======== Records for the task ========

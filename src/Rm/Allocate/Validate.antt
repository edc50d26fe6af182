-- ===== src/Rm/Allocate/Validate.antt =====
-- What a request has to fulfil for ValidateRequest.
use volcano_vgpu_device_plug.Prelude.{
  ◌≤◌, ◌≡◌, ◌↔◌, ◌⊎◌, refl, Bool, true, false, List, [], ◌∷◌, arith, length, All, is_none,
}
use volcano_vgpu_device_plug.GoText.{Str}
use volcano_vgpu_device_plug.Kube.Dict.{lookup}
use volcano_vgpu_device_plug.Rm.AnnotatedId.{any_has_annotations}
use volcano_vgpu_device_plug.Rm.Devices.{Devices, has}
use volcano_vgpu_device_plug.Rm.Allocate.{
  SharingStrategy, sharing_none, time_slicing, mps, valid, size_allowed, all_known,
  validate_request,
}

-- The device map has the id.
abbrev pub IsKnown : Devices → Str → Type 0
IsKnown ds id = is_none (lookup id ds) ≡ false

-- A request for replicas asks for one of them, where the sharing insists on that.
abbrev pub FitsSharing : SharingStrategy → Bool → List Str → Type 0
FitsSharing sharing_none fail_greater ids = Unit
FitsSharing time_slicing fail_greater ids =
    (any_has_annotations ids ≡ false) ⊎ (length ids ≤ 1) ⊎ (fail_greater ≡ false)
FitsSharing mps fail_greater ids = (any_has_annotations ids ≡ false) ⊎ (length ids ≤ 1)

all_known_iff : (ds : Devices) (ids : List Str) → (all_known ds ids ≡ true) ↔ All (IsKnown ds) ids
unfolding all_known has
all_known_iff ds [] = (λ _. tt, λ _. refl)
all_known_iff ds (id ∷ ids) = ground (arith, all_known_iff ds ids)

size_allowed_iff :
    (s : SharingStrategy) (fail_greater : Bool) (ids : List Str)
    → (size_allowed s fail_greater (any_has_annotations ids) (length ids) ≡ true)
      ↔ FitsSharing s fail_greater ids
unfolding size_allowed
size_allowed_iff sharing_none fail_greater ids = (λ _. tt, λ _. refl)
size_allowed_iff time_slicing fail_greater ids = ground arith
size_allowed_iff mps fail_greater ids = ground arith

-- A request is valid exactly if the map has every id and its size fits the sharing: with time slicing
-- a request for replicas may ask for more than one unless failRequestsGreaterThanOne is set, with MPS
-- it may not.
pub validate_request_iff :
    (ds : Devices) (s : SharingStrategy) (fail_greater : Bool) (ids : List Str)
    → (validate_request ds s fail_greater ids ≡ valid)
      ↔ (All (IsKnown ds) ids × FitsSharing s fail_greater ids)
unfolding validate_request
validate_request_iff ds s fail_greater ids =
    ground (arith, all_known_iff ds ids, size_allowed_iff s fail_greater ids)
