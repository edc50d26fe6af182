-- ===== src/Rm/AnnotatedId/Laws.antt =====
-- The parts of a replica's id.
use volcano_vgpu_device_plug.Prelude.{
  ◌≡◌, refl, Bool, true, false, ◌&&◌, none, some, [], ◌∷◌, ◌++◌, arith, ◌==◌, if◌then◌else◌,
}
use volcano_vgpu_device_plug.Prelude.Int.{ℤ, InRange}
use volcano_vgpu_device_plug.GoText.{Str, cut, has_prefix}
use volcano_vgpu_device_plug.GoNum.{itoa, half64}
use volcano_vgpu_device_plug.GoNum.Decimal.{parse_int-itoa}
use volcano_vgpu_device_plug.Rm.AnnotatedId.{
  double_colon, new_annotated_id, has_annotations, split_id, get_id,
}

-- No two colons stand together in the text, and it does not end in a colon.
abbrev pub is_plain : Str → Bool
is_plain [] = true
is_plain (c ∷ []) = if c == 58 then false else true
is_plain (c ∷ d ∷ s) = if (c == 58) && (d == 58) then false else is_plain (d ∷ s)

cut-append :
    (id rest : Str)
    → is_plain id ≡ true
    → cut double_colon (id ++ (double_colon ++ rest)) ≡ some (id, rest)
unfolding cut
cut-append [] rest h = unfold has_prefix in refl
cut-append (c ∷ []) rest h = unfold has_prefix in ground arith
cut-append (c ∷ d ∷ s) rest h = unfold has_prefix in ground (arith, cut-append (d ∷ s) rest)

-- Splitting the id of a replica gives the device's id and the replica's number, if the device's id
-- has no two colons together and no colon at its end.
pub split-new :
    (id : Str) (replica : ℤ)
    → is_plain id ≡ true
    → InRange half64 replica
    → split_id (new_annotated_id id replica) ≡ (id, replica)
unfolding split_id new_annotated_id
split-new id replica h r =
    ground (arith, cut-append id (itoa replica) h, parse_int-itoa half64 replica r)

pub get_id-new :
    (id : Str) (replica : ℤ) → is_plain id ≡ true → get_id (new_annotated_id id replica) ≡ id
unfolding get_id new_annotated_id
get_id-new id replica h = ground (arith, cut-append id (itoa replica) h)

pub has_annotations-new :
    (id : Str) (replica : ℤ)
    → is_plain id ≡ true
    → has_annotations (new_annotated_id id replica) ≡ true
unfolding has_annotations new_annotated_id
has_annotations-new id replica h = ground (arith, cut-append id (itoa replica) h)

cut_plain : (s : Str) → is_plain s ≡ true → cut double_colon s ≡ none
unfolding cut has_prefix
cut_plain [] h = refl
cut_plain (c ∷ []) h = ground arith
cut_plain (c ∷ d ∷ s) h = ground (arith, cut_plain (d ∷ s))

-- A plain id is its own id and has no annotation.
pub get_id_plain : (id : Str) → is_plain id ≡ true → (get_id id ≡ id) × (has_annotations id ≡ false)
unfolding get_id has_annotations
get_id_plain id h = ground (arith, cut_plain id h)
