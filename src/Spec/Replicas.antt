-- ===== src/Spec/Replicas.antt =====
-- api/config/v1/replicas.go: resources to be replicated. uuid.Parse is a parameter: whether a text is
-- a UUID. The decoder refuses a negative number of devices or replicas.
use volcano_vgpu_device_plug.Prelude.{
  ℕ, ◌≡◌, refl, Bool, true, false, not, ◌&&◌, ◌||◌, none, some, List, [], ◌∷◌, map, arith,
  if◌then◌else◌, any, ltb, ◌++◌,
}
use volcano_vgpu_device_plug.GoText.{Str, codes, str_eq, str_eq_iff, has_prefix, trim_prefix, cut}
use volcano_vgpu_device_plug.GoNum.{parse_uint, max_uint64}

pub record ReplicatedDevices : Type 0 where
  pub all : Bool
  pub count : ℕ
  pub list : List Str

pub record ReplicatedResource : Type 0 where
  pub name : Str
  pub rename : Str
  pub devices : ReplicatedDevices
  pub replicas : ℕ

pub record ReplicatedResources : Type 0 where
  pub rename_by_default : Bool
  pub fail_requests_greater_than_one : Bool
  pub resources : List ReplicatedResource

-- DefaultSharedRename
unfoldable pub default_shared_rename : Str → Str
default_shared_rename name = name ++ codes ".shared"

abbrev pub all_devices : ReplicatedDevices
all_devices = record { all = true; count = 0; list = [] }

-- One round of disableResoureRenaming: what the rename becomes, by the two tests of the old one, and
-- what the devices become.
unfoldable pub plain_rename : Bool → ReplicatedResource → Str
unfolding default_shared_rename
plain_rename rename_by_default r =
    let cleared = if not rename_by_default && not (str_eq r.rename []) then [] else r.rename in
    if rename_by_default && not (str_eq r.rename (default_shared_rename r.name))
    then default_shared_rename r.name
    else cleared

unfoldable pub plain_devices : ReplicatedDevices → ReplicatedDevices
plain_devices d = if d.all then d else all_devices

unfoldable pub plain_resource : Bool → ReplicatedResource → ReplicatedResource
unfolding plain_rename plain_devices
plain_resource rename_by_default r = record r {
  rename = plain_rename rename_by_default r;
  devices = plain_devices r.devices;
}

-- disableResoureRenaming; its warnings are left out.
unfoldable pub disable_resoure_renaming : ReplicatedResources → ReplicatedResources
unfolding plain_resource
disable_resoure_renaming rrs = record rrs {
  resources = map (plain_resource rrs.rename_by_default) rrs.resources;
}

-- isReplicated
unfoldable pub is_replicated : ReplicatedResources → Bool
is_replicated rrs = any (λ (r : ReplicatedResource). ltb 1 r.replicas) rrs.resources

-- ParseUint without an error
unfoldable pub is_uint : Str → Bool
is_uint s = not (parse_uint max_uint64 s).1

-- IsGPUIndex
unfoldable pub is_gpu_index : Str → Bool
unfolding is_uint
is_gpu_index d = is_uint d

-- IsMigIndex
unfoldable pub is_mig_index : Str → Bool
unfolding is_uint
is_mig_index d = elim (cut (58 ∷ []) d) [
  | none ↦ false
  | some (gpu, mig) ↦ is_uint gpu && is_uint mig
]

module _ (is_uuid_text : Str → Bool) where
  -- IsGpuUUID
  unfoldable pub is_gpu_uuid : Str → Bool
  is_gpu_uuid d = has_prefix d (codes "GPU-") && is_uuid_text (trim_prefix d (codes "GPU-"))

  -- The form MIG-GPU-<uuid>/3/0
  unfoldable pub is_old_mig_uuid : Str → Bool
  unfolding is_gpu_uuid is_uint
  is_old_mig_uuid suffix = elim (cut (47 ∷ []) suffix) [
    | none ↦ false
    | some (gpu, rest) ↦ elim (cut (47 ∷ []) rest) [
      | none ↦ false
      | some (gi, ci) ↦ is_gpu_uuid gpu && is_uint gi && is_uint ci
    ]
  ]

  -- IsMigUUID
  unfoldable pub is_mig_uuid : Str → Bool
  unfolding is_old_mig_uuid
  is_mig_uuid d =
      let suffix = trim_prefix d (codes "MIG-") in
      has_prefix d (codes "MIG-") && (is_uuid_text suffix || is_old_mig_uuid suffix)

  -- IsUUID
  unfoldable pub is_uuid : Str → Bool
  unfolding is_gpu_uuid is_mig_uuid
  is_uuid d = is_gpu_uuid d || is_mig_uuid d

-- A resource before and behind: the name and the number of replicas stay, all devices are
-- replicated, and the new name is the default one or none.
unfoldable pub IsPlain : Bool → ReplicatedResource → ReplicatedResource → Type 0
IsPlain rename_by_default r r' =
    (r'.name ≡ r.name)
    × (r'.replicas ≡ r.replicas)
    × (r'.devices.all ≡ true)
    × (r'.rename ≡ (if rename_by_default then r.name ++ codes ".shared" else []))

-- Resource by resource.
abbrev pub ArePlain : Bool → List ReplicatedResource → List ReplicatedResource → Type 0
ArePlain rename_by_default [] [] = Unit
ArePlain rename_by_default (r ∷ rs) (r' ∷ rs') =
    IsPlain rename_by_default r r' × ArePlain rename_by_default rs rs'
ArePlain rename_by_default _ _ = ⊥

plain_rename-default :
    (rename_by_default : Bool) (r : ReplicatedResource)
    → plain_rename rename_by_default r
      ≡ (if rename_by_default then r.name ++ codes ".shared" else [])
unfolding plain_rename default_shared_rename
plain_rename-default true r = ground (arith, str_eq_iff r.rename (r.name ++ codes ".shared"))
plain_rename-default false r = ground (arith, str_eq_iff r.rename [])

plain_resource-IsPlain :
    (rename_by_default : Bool) (r : ReplicatedResource)
    → IsPlain rename_by_default r (plain_resource rename_by_default r)
unfolding IsPlain plain_resource plain_devices
plain_resource-IsPlain rename_by_default r =
    (refl, refl, ground arith, plain_rename-default rename_by_default r)

map-ArePlain :
    (rename_by_default : Bool) (rs : List ReplicatedResource)
    → ArePlain rename_by_default rs (map (plain_resource rename_by_default) rs)
map-ArePlain rename_by_default [] = tt
map-ArePlain rename_by_default (r ∷ rs) =
    (plain_resource-IsPlain rename_by_default r, map-ArePlain rename_by_default rs)

-- Whatever the old new names and devices were, behind disableResoureRenaming there are the same
-- resources with their numbers of replicas, each one replicates all of its devices, and its new name
-- is the default one, its name and .shared, if resources are renamed by default, and none otherwise.
pub disable_resoure_renaming-ArePlain :
    (rrs : ReplicatedResources)
    → ArePlain rrs.rename_by_default rrs.resources (disable_resoure_renaming rrs).resources
unfolding disable_resoure_renaming
disable_resoure_renaming-ArePlain rrs = map-ArePlain rrs.rename_by_default rrs.resources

========

Task prompt:
Transcribe the lines from the first line of the records through the line that contains "-- A request is", both included, and add nothing else.

Answer for the task:
filename src/Rm/Allocate/Validate.antt
repository edc50d26fe6af182
-- ===== src/Rm/Allocate/Validate.antt =====
-- What a request has to fulfil for ValidateRequest.
use volcano_vgpu_device_plug.Prelude.{
  ◌≤◌, ◌≡◌, ◌↔◌, ◌⊎◌, refl, Bool, true, false, List, [], ◌∷◌, arith, length, All, is_none,
}
use volcano_vgpu_device_plug.GoText.{Str}
use volcano_vgpu_device_plug.Kube.Dict.{lookup}
use volcano_vgpu_device_plug.Rm.AnnotatedId.{any_has_annotations}
use volcano_vgpu_device_plug.Rm.Devices.{Devices, has}
use volcano_vgpu_device_plug.Rm.Allocate.{
  SharingStrategy, sharing_none, time_slicing, mps, valid, size_allowed, all_known,
  validate_request,
}

-- The device map has the id.
abbrev pub IsKnown : Devices → Str → Type 0
IsKnown ds id = is_none (lookup id ds) ≡ false

-- A request for replicas asks for one of them, where the sharing insists on that.
abbrev pub FitsSharing : SharingStrategy → Bool → List Str → Type 0
FitsSharing sharing_none fail_greater ids = Unit
FitsSharing time_slicing fail_greater ids =
    (any_has_annotations ids ≡ false) ⊎ (length ids ≤ 1) ⊎ (fail_greater ≡ false)
FitsSharing mps fail_greater ids = (any_has_annotations ids ≡ false) ⊎ (length ids ≤ 1)

all_known_iff : (ds : Devices) (ids : List Str) → (all_known ds ids ≡ true) ↔ All (IsKnown ds) ids
unfolding all_known has
all_known_iff ds [] = (λ _. tt, λ _. refl)
all_known_iff ds (id ∷ ids) = ground (arith, all_known_iff ds ids)

size_allowed_iff :
    (s : SharingStrategy) (fail_greater : Bool) (ids : List Str)
    → (size_allowed s fail_greater (any_has_annotations ids) (length ids) ≡ true)
      ↔ FitsSharing s fail_greater ids
unfolding size_allowed
size_allowed_iff sharing_none fail_greater ids = (λ _. tt, λ _. refl)
size_allowed_iff time_slicing fail_greater ids = ground arith
size_allowed_iff mps fail_greater ids = ground arith

-- A request is valid exactly if the map has every id and its size fits the sharing: with time slicing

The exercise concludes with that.